HIGH-ORDER FINITE ELEMENTS FOR THE NEUTRON TRANSPORT EQUATION ON HONEYCOMB MESHES

¹ DEN - Service d’études des réacteurs et de mathématiques appliquées (SERMA) CEA, Université Paris-Saclay, F-91191 Gif-sur-Yvette, France
² DEN - DTN/STMA/LMAG CEA Cadarache, F-13108 Saint-Paul-lez-Durance, France

ansar.calloo@cea.fr
romain.le-tellier@cea.fr
david.labeurthre@cea.fr

Published online: 22 February 2021

Abstract

Presently, APOLLO3^® /MINARET solves the transport equation using the multigroup Sn method with discontinuous finite elements on triangular meshes with Lagrange polynomial bases. The goal of this work is to solve the spatial problem on hexagonal geometries in the context of honeycomb lattice reactors, without further refining the computational mesh. The idea here is to construct high-order basis functions on the hexagonal element in order to improve the trade-off between computational cost and accuracy, in particular for multiphysics simulations where, often, thermalhydraulic modelling requires only assembly-average cross-sections to be defined (e.g. severe accident of fast breeder reactors) i.e. the assemblies are assumed homogeneous.
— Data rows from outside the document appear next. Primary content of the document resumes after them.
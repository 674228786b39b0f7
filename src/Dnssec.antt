-- ===== src/Dnssec.antt =====
-- src/dnssec.rs: the algorithms, what a validation comes to, and the public-key operations of other
-- crates, which are parameters.
pub mod Sha2
pub mod Signatures
pub mod Validator
pub mod Anchor
pub mod Chain
pub mod Labels
pub mod Trust
use ironbind.Prelude.{ℕ, Bool, Option}
use ironbind.Prelude.Text.{Bytes}

abbrev pub alg_rsamd5 : ℕ
alg_rsamd5 = 1

abbrev pub alg_rsasha256 : ℕ
alg_rsasha256 = 8

abbrev pub alg_rsasha512 : ℕ
alg_rsasha512 = 10

abbrev pub alg_ecdsap256sha256 : ℕ
alg_ecdsap256sha256 = 13

abbrev pub alg_ecdsap384sha384 : ℕ
alg_ecdsap384sha384 = 14

abbrev pub alg_ed25519 : ℕ
alg_ed25519 = 15

abbrev pub digest_sha256 : ℕ
digest_sha256 = 2

abbrev pub digest_sha384 : ℕ
digest_sha384 = 4

-- Why a validation is bogus: the texts of the source, with what they quote.
pub data Reason : Type 0 where
  signature_mismatch no_valid_rrsig no_root_keys root_keys_unknown : Reason
  digest_mismatch : ℕ → Reason
  ds_invalid no_dnskey dnskey_unchained dnskey_unsigned : Bytes → Reason

pub data ValidationResult : Type 0 where
  secure insecure indeterminate : ValidationResult
  bogus : Reason → ValidationResult

pub data RsaHash : Type 0 where
  rsa_sha256 rsa_sha512 : RsaHash

-- Verification by the crates. `none` means that the key or the form of the signature is refused. RSA
-- takes the exponent, the modulus, the digest and the signature; the others the key, the message and
-- the signature.
pub record Crypto : Type 0 where
  pub rsa : RsaHash → Bytes → Bytes → Bytes → Bytes → Option Bool
  pub p256 : Bytes → Bytes → Bytes → Option Bool
  pub p384 : Bytes → Bytes → Bytes → Option Bool
  pub ed25519 : Bytes → Bytes → Bytes → Option Bool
One approach to achieve this goal is through the use of generalised barycentric functions such as the Wachspress rational functions. This research endeavour deals with the application of Wachspress rational functions to the neutron transport equation for hexagonal geometries up to order 3. With this method, it is possible to decrease the number of spatial unknowns required for the same accuracy, and thus the computational burden for complex geometries, such as honeycomb lattices is reduced.